Task directions: Each line below that includes "whose" counts once; report the total and nothing more.

--- START ---

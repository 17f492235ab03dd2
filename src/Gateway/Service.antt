-- ===== src/Gateway/Service.antt =====
-- A session serves the requests of a stream in order, one at a time.
use raft_distributed_consens.Gateway.{
  ClientProto, reading, waiting, closed, Session, respond, read_request, read_loop,
}
use raft_distributed_consens.Network.{frame, read_message, max_body}
use raft_distributed_consens.Network.Framing.{read_message-frame}
use raft_distributed_consens.Requests.{process_client_request}
use raft_distributed_consens.Node.{Node}
use raft_distributed_consens.Messages.{ClientRequest, ClientResponse}
use raft_distributed_consens.External.{External}
use mathlib.Core.List.{append-nil, append_assoc}
use raft_distributed_consens.Prelude.{
  ap, sym, ◌∙◌, ℕ, zero, suc, ◌≤◌, List, [], ◌∷◌, ◌++◌, Option, none, some, Bytes, length, All, ◌≡◌,
  refl, Option-cases, inl, inr, ◌⊎◌,
}

-- What is written for some messages.
abbrev pub stream {ℓ} : {A : Type ℓ} → (A → Bytes) → List A → Bytes
stream serialize [] = []
stream serialize (x ∷ xs) = frame (serialize x) ++ stream serialize xs

-- The frame of each message.
abbrev pub frames {ℓ} : {A : Type ℓ} → (A → Bytes) → List A → List Bytes
frames serialize [] = []
frames serialize (x ∷ xs) = frame (serialize x) ∷ frames serialize xs

-- The session after some responses; `left` are the requests behind one that waits.
abbrev pub served :
    ClientProto → Session → List ClientResponse → Option (List ClientRequest) → Session
served proto session responses left = record {
  input = elim left [ none ↦ [] | some reqs ↦ stream proto.serialize_request reqs ];
  started = session.started ++ frames proto.serialize_response responses;
  status = elim left [ none ↦ closed | some reqs ↦ waiting ];
}

module _ {Db : Type 0} ⦃env : External Db⦄ where
  -- Requests in order, up to one that has to wait: the responses, and the requests behind that one.
  abbrev pub serve :
      ℕ → Node Db → List ClientRequest → Node Db × List ClientResponse × Option (List ClientRequest)
  serve callback n [] = (n, [], none)
  serve callback n (req ∷ reqs) =
      let (n', response) = process_client_request n req callback in
      let (n'', responses, left) = serve callback n' reqs in
      elim response [ none ↦ (n', [], some reqs) | some resp ↦ (n'', resp ∷ responses, left) ]

  serve_waits :
      (callback : ℕ) (n : Node Db) (req : ClientRequest) (reqs : List ClientRequest)
      → (process_client_request n req callback).1 ≡ none
      → serve callback n (req ∷ reqs) ≡ ((process_client_request n req callback).0, [], some reqs)
  serve_waits callback n req reqs waits = rw (waits, serve) refl

  serve_answers :
      (callback : ℕ) (n : Node Db) (req : ClientRequest) (reqs : List ClientRequest)
      (resp : ClientResponse)
      → (process_client_request n req callback).1 ≡ some resp
      → serve callback n (req ∷ reqs) ≡ (
        (serve callback (process_client_request n req callback).0 reqs).0,
        resp ∷ (serve callback (process_client_request n req callback).0 reqs).1,
        (serve callback (process_client_request n req callback).0 reqs).2,
      )
  serve_answers callback n req reqs resp answered = rw (answered, serve) refl

  -- The outcome of a session whose requests were served.
  abbrev pub outcome :
      ClientProto
      → Session
      → Node Db × List ClientResponse × Option (List ClientRequest)
      → Node Db × Session
  outcome proto session (n, responses, left) = (n, served proto session responses left)

  pub read_loop_idle :
      (fuel : ℕ) (proto : ClientProto) (callback : ℕ) (n : Node Db) (session : Session)
      → (session.status ≡ waiting) ⊎ (session.status ≡ closed)
      → read_loop fuel proto callback n session ≡ (n, session)
  unfolding read_loop
  read_loop_idle zero proto callback n session idle = refl
  read_loop_idle (suc fuel) proto callback n session (inl h) = rw h refl
  read_loop_idle (suc fuel) proto callback n session (inr h) = rw h refl

  -- One read, where the client has closed the connection, and where a request has come.
  read_request_end :
      (proto : ClientProto) (callback : ℕ) (n : Node Db) (started : List Bytes)
      → read_request proto callback n (record { input = []; started = started; status = reading })
        ≡ (n, record { input = []; started = started; status = closed })
  unfolding read_request read_message
  read_request_end proto callback n started = refl

  read_request-frame :
      (proto : ClientProto) (callback : ℕ) (n : Node Db) (req : ClientRequest) (behind : Bytes)
      (started : List Bytes)
      → length (proto.serialize_request req) ≤ max_body
      → read_request proto callback n (record {
        input = frame (proto.serialize_request req) ++ behind;
        started = started;
        status = reading;
      })
        ≡ (
          (process_client_request n req callback).0,
          elim (process_client_request n req callback).1 [
            | none ↦ record { input = behind; started = started; status = waiting }
            | some resp ↦ record {
              input = behind;
              started = started ++ (frame (proto.serialize_response resp) ∷ []);
              status = reading;
            }
          ],
        )
  unfolding read_request respond
  read_request-frame proto callback n req behind started small =
      let got = read_message-frame (proto.serialize_request req) behind small in
      let known = proto.parse-serialize_request req in
      elim (Option-cases (process_client_request n req callback).1) [
        | inl waits ↦ rw (got, read_request) (rw (known, waits) refl)
        | inr (resp, answered) ↦ rw (got, read_request) (rw (known, answered) refl)
      ]

  pub read_loop_next :
      (fuel : ℕ) (proto : ClientProto) (callback : ℕ) (n n' : Node Db) (input : Bytes)
      (started : List Bytes) (session : Session)
      → read_request proto callback n
          (record { input = input; started = started; status = reading })
        ≡ (n', session)
      → read_loop
          (suc fuel)
          proto
          callback
          n
          (record { input = input; started = started; status = reading })
        ≡ read_loop fuel proto callback n' session
  unfolding read_loop
  read_loop_next fuel proto callback n n' input started session step =
      ap (λ (p : Node Db × Session). read_loop fuel proto callback p.0 p.1) step

  -- One request on a connection, and what `processClientRequest` makes of it.
  module _ (fuel : ℕ) (proto : ClientProto) (callback : ℕ) (n : Node Db) (req : ClientRequest)
      (small : length (proto.serialize_request req) ≤ max_body) where
    abbrev asked : Session
    asked = record { input = frame (proto.serialize_request req); started = []; status = reading }

    abbrev next : Node Db
    next = (process_client_request n req callback).0

    read_request-asked :
        (session : Session)
        → elim (process_client_request n req callback).1 [
          | none ↦ record { input = []; started = []; status = waiting }
          | some resp ↦ record {
            input = [];
            started = frame (proto.serialize_response resp) ∷ [];
            status = reading;
          }
        ]
          ≡ session
        → read_request proto callback n asked ≡ (next, session)
    read_request-asked session came =
        rw (← append-nil (frame (proto.serialize_request req))) (
          read_request-frame proto callback n req [] [] small
          ∙ ap (λ (t : Session). (next, t)) came)

    -- It is answered at once.
    pub read_loop-one :
        (resp : ClientResponse)
        → (process_client_request n req callback).1 ≡ some resp
        → (read_loop (suc (suc fuel)) proto callback n asked).1 ≡ record {
          input = [];
          started = frame (proto.serialize_response resp) ∷ [];
          status = closed;
        }
    read_loop-one resp answered =
        let written : List Bytes = frame (proto.serialize_response resp) ∷ [] in
        ap (λ (p : Node Db × Session). p.1)
          (read_loop_next (suc fuel) proto callback n next asked.input [] _ (
              read_request-asked (record { input = []; started = written; status = reading })
                (rw answered refl))
            ∙ read_loop_next fuel proto callback next next [] written _
                (read_request_end proto callback next written)
            ∙ read_loop_idle fuel proto callback next _ (inr refl))

    -- Its callback is waited for.
    pub read_loop-wait :
        (process_client_request n req callback).1 ≡ none
        → (read_loop (suc (suc fuel)) proto callback n asked).1
          ≡ record { input = []; started = []; status = waiting }
    read_loop-wait waits =
        ap (λ (p : Node Db × Session). p.1)
          (read_loop_next (suc fuel) proto callback n next asked.input [] _ (
              read_request-asked (record { input = []; started = []; status = waiting })
                (rw waits refl))
            ∙ read_loop_idle (suc fuel) proto callback next _ (inl refl))

  -- If a client sends some requests of at most 10 MB each and closes the connection, then the
  -- session hands them to the node in order, up to one whose callback has to be waited for. It has
  -- started a write for each response to those before, in order, has the requests behind it still to
  -- read, and closes where none had to wait. Nothing is said of when the writes end, or of their bytes
  -- where two are under way at once.
  pub read_loop-serve :
      (proto : ClientProto) (callback : ℕ) (n : Node Db) (reqs : List ClientRequest)
      (started : List Bytes)
      → All (λ req. length (proto.serialize_request req) ≤ max_body) reqs
      → let session : Session = record {
        input = stream proto.serialize_request reqs;
        started = started;
        status = reading;
      } in
        read_loop (suc (length reqs)) proto callback n session
        ≡ outcome proto session (serve callback n reqs)
  read_loop-serve proto callback n [] started small =
      read_loop_next 0 proto callback n n [] started _ (read_request_end proto callback n started)
      ∙ read_loop_idle 0 proto callback n _ (inr refl)
      ∙ (ap (λ (out : List Bytes). (n, record { input = []; started = out; status = closed }))
          (sym (append-nil started)))
  read_loop-serve proto callback n (req ∷ reqs) started small =
      let behind : Bytes = stream proto.serialize_request reqs in
      let n' : Node Db = (process_client_request n req callback).0 in
      let session : Bytes → Session =
        λ input. record { input = input; started = started; status = reading } in
      let step = read_request-frame proto callback n req behind started small.0 in
      elim (Option-cases (process_client_request n req callback).1) [
        | inl waits ↦
            read_loop_next (suc (length reqs)) proto callback n n' _ started
              (record { input = behind; started = started; status = waiting })
              (step ∙ rw waits refl)
            ∙ read_loop_idle (suc (length reqs)) proto callback n' _ (inl refl)
            ∙ ap
                (λ (out : List Bytes).
                  (n', record { input = behind; started = out; status = waiting }))
                (sym (append-nil started))
            ∙ ap (outcome proto (session behind)) (sym (serve_waits callback n req reqs waits))
        | inr (resp, answered) ↦
            let rest = serve callback n' reqs in
            let written : List Bytes = started ++ (frame (proto.serialize_response resp) ∷ []) in
            read_loop_next (suc (length reqs)) proto callback n n' _ started
              (record { input = behind; started = written; status = reading })
              (step ∙ rw answered refl)
            ∙ read_loop-serve proto callback n' reqs written small.1
            ∙ ap
                (λ (out : List Bytes).
                  (rest.0, record (served proto (session behind) rest.1 rest.2) { started = out }))
                (append_assoc started (frame (proto.serialize_response resp) ∷ [])
                  (frames proto.serialize_response rest.1))
            ∙ ap (outcome proto (session behind))
                (sym (serve_answers callback n req reqs resp answered))
      ]
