-- ===== src/Exchange/Redirect.antt =====
-- A client that asks the wrong node is sent to the leader, over the bytes of the connections.
use raft_distributed_consens.Exchange.{read_reply, attempt, gateway, parse_reply}
use raft_distributed_consens.Client.{answered, find_peer, run_attempts}
use raft_distributed_consens.Client.Retry.{hint_followed}
use raft_distributed_consens.Gateway.{ClientProto, respond}
use raft_distributed_consens.Gateway.Service.{read_loop-one, read_loop-wait}
use raft_distributed_consens.Network.{frame, header, read_exactly, max_body}
use raft_distributed_consens.Network.Framing.{header_value, read_exactly-append}
use raft_distributed_consens.Requests.{
  append_request, find_callback, process_client_request, early_response, not_leader,
}
use raft_distributed_consens.Storage.{get_request_result}
use raft_distributed_consens.Node.{Node, leader}
use raft_distributed_consens.Messages.{ClientRequest, ClientResponse}
use raft_distributed_consens.External.{External}
use mathlib.Core.List.{append-nil}
use raft_distributed_consens.Prelude.{
  ℕ, suc, ◌+◌, ◌^◌, ◌<◌, ◌≤◌, List, [], some, true, ℤ, minus_one, Bytes, length, is_empty, ◌≡◌, ◌≢◌,
  refl, arith, ap, sym, ◌∙◌, Option, none, ◌⊎◌, inl, inr,
}

read_exactly_all : (b : Bytes) → read_exactly (length b) b ≡ some (b, [])
read_exactly_all b = ap (read_exactly (length b)) (sym (append-nil b)) ∙ read_exactly-append b []

length-frame : (payload : Bytes) → length (frame payload) ≡ suc (length payload + 3)
unfolding frame header
length-frame payload = omega arith

read_reply-frame :
    (proto : ClientProto) (payload : Bytes)
    → length payload < 2 ^ 32
    → read_reply proto (frame payload) ≡ answered (proto.parse_response payload)
unfolding read_reply frame header
read_reply-frame proto payload h =
    ap (λ (size : ℕ). parse_reply proto (read_exactly size payload))
      (header_value (length payload) h)
    ∙ ap (parse_reply proto) (read_exactly_all payload)

module _ {Db : Type 0} ⦃env : External Db⦄ where
  -- A request is answered at once, or waits and is answered by its callback in time.
  abbrev pub IsAnswered :
      Node Db → ClientRequest → ℕ → Option ClientResponse → ClientResponse → Type 0
  IsAnswered n req callback later resp =
      ((process_client_request n req callback).1 ≡ some resp)
      ⊎ (((process_client_request n req callback).1 ≡ none) × (later ≡ some resp))

  module _ (proto : ClientProto) (req : ClientRequest) (callback : ℕ) (n : Node Db)
      (later : Option ClientResponse) (resp : ClientResponse)
      (small : length (proto.serialize_request req) ≤ max_body)
      (ends : IsAnswered n req callback later resp) where
    gateway-one :
        gateway proto callback n later (frame (proto.serialize_request req))
        ≡ some (frame (proto.serialize_response resp))
    unfolding gateway respond
    gateway-one =
        let size = length-frame (proto.serialize_request req) in
        let fuel = length (proto.serialize_request req) + 3 in
        elim ends [
          | inl now ↦ rw (size, read_loop-one fuel proto callback n req small resp now) refl
          | inr (waits, comes) ↦
              rw (size, read_loop-wait fuel proto callback n req small waits, comes) refl
        ]

    -- The client gets the response.
    attempt-gateway :
        length (proto.serialize_response resp) < 2 ^ 32
        → attempt proto req (gateway proto callback n later) ≡ answered resp
    unfolding attempt
    attempt-gateway fits =
        rw (gateway-one, attempt)
          (read_reply-frame proto (proto.serialize_response resp) fits
            ∙ ap (λ (r : ClientResponse). answered r) (proto.parse-serialize_response resp))

  refused_at_once :
      (n : Node Db) (req : ClientRequest) (callback : ℕ)
      → n.state ≢ leader
      → (process_client_request n req callback).1 ≡ some (not_leader n.leader_id)
  unfolding process_client_request early_response
  refused_at_once n req callback h = ground arith

  -- The response to a request that has been executed.
  abbrev pub recorded : Node Db → ClientRequest → ClientResponse
  recorded n req = record {
    success = true;
    result = get_request_result n.storage req.request_id;
    leader_hint = n.leader_id;
  }

  recorded_at_once :
      (n : Node Db) (req : ClientRequest) (callback : ℕ)
      → n.state ≡ leader
      → get_request_result n.storage req.request_id ≢ []
      → (process_client_request n req callback).1 ≡ some (recorded n req)
  unfolding process_client_request early_response is_empty
  recorded_at_once n req callback lead h = ground arith

  -- A new request on the leader waits.
  waits_at_once :
      (n : Node Db) (req : ClientRequest) (callback : ℕ)
      → n.state ≡ leader
      → get_request_result n.storage req.request_id ≡ []
      → find_callback req.request_id n.pending_callbacks ≡ none
      → (process_client_request n req callback).1 ≡ none
  unfolding process_client_request early_response append_request is_empty
  waits_at_once n req callback lead fresh idle = ground arith

  -- The leader has executed the request and answers with the recorded result, or the request is new
  -- to it and the callback is called in time.
  abbrev pub IsServed : Node Db → ClientRequest → Option ClientResponse → ClientResponse → Type 0
  IsServed n req later resp =
      ((get_request_result n.storage req.request_id ≢ []) × (resp ≡ recorded n req))
      ⊎ ((get_request_result n.storage req.request_id ≡ [])
          × (find_callback req.request_id n.pending_callbacks ≡ none)
          × (later ≡ some resp))

  IsServed-IsAnswered :
      (n : Node Db) (req : ClientRequest) (callback : ℕ) (later : Option ClientResponse)
      (resp : ClientResponse)
      → n.state ≡ leader
      → IsServed n req later resp
      → IsAnswered n req callback later resp
  IsServed-IsAnswered n req callback later resp lead (inl (done, same)) =
      inl (recorded_at_once n req callback lead done ∙ ap some (sym same))
  IsServed-IsAnswered n req callback later resp lead (inr (fresh, idle, comes)) =
      inr (waits_at_once n req callback lead fresh idle, comes)

  -- A client asks the gateway of a node that does not lead, and that knows as the leader the peer
  -- at position `k`. The node there leads, and either has executed the request, or the request is
  -- new to it and its callback is called with a successful response before the client's timeout.
  -- Then the client's second attempt goes to `k` and gets this response, in the first case a success
  -- with the recorded result, over the bytes that are exchanged, and the client ends at `k` with a
  -- success. The request has at most 10 MB, and the responses are shorter than 4 GB.
  pub redirected_to_leader :
      (proto : ClientProto) (req : ClientRequest) (callback attempts j k : ℕ) (peers : List (ℤ × ℕ))
      (nodes : ℕ → Node Db) (later : ℕ → Option ClientResponse) (resp : ClientResponse)
      → length (proto.serialize_request req) ≤ max_body
      → length (proto.serialize_response (not_leader (nodes j).leader_id)) < 2 ^ 32
      → length (proto.serialize_response resp) < 2 ^ 32
      → (nodes j).state ≢ leader
      → (nodes j).leader_id ≢ minus_one
      → find_peer (nodes j).leader_id 0 peers ≡ some k
      → (nodes k).state ≡ leader
      → IsServed (nodes k) req (later k) resp
      → resp.success ≡ true
      → let network = λ (i : ℕ). attempt proto req (gateway proto callback (nodes i) (later i)) in
        (network k ≡ answered resp)
        × (run_attempts (suc (suc attempts)) peers (λ _ i. network i) j ≡ (k, true))
  redirected_to_leader proto req callback attempts j k peers nodes later resp small fits_j fits_k
        follows known found lead served granted =
      let refusal = not_leader (nodes j).leader_id in
      let asked =
        attempt-gateway proto req callback (nodes j) (later j) refusal small
          (inl (refused_at_once (nodes j) req callback follows)) fits_j in
      let came =
        attempt-gateway proto req callback (nodes k) (later k) resp small
          (IsServed-IsAnswered (nodes k) req callback (later k) resp lead served) fits_k in
      (
        came,
        hint_followed attempts k peers
            (λ _ i. attempt proto req (gateway proto callback (nodes i) (later i))) j refusal resp
            asked refl known found came granted,
      )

--- END ---

The answer: 2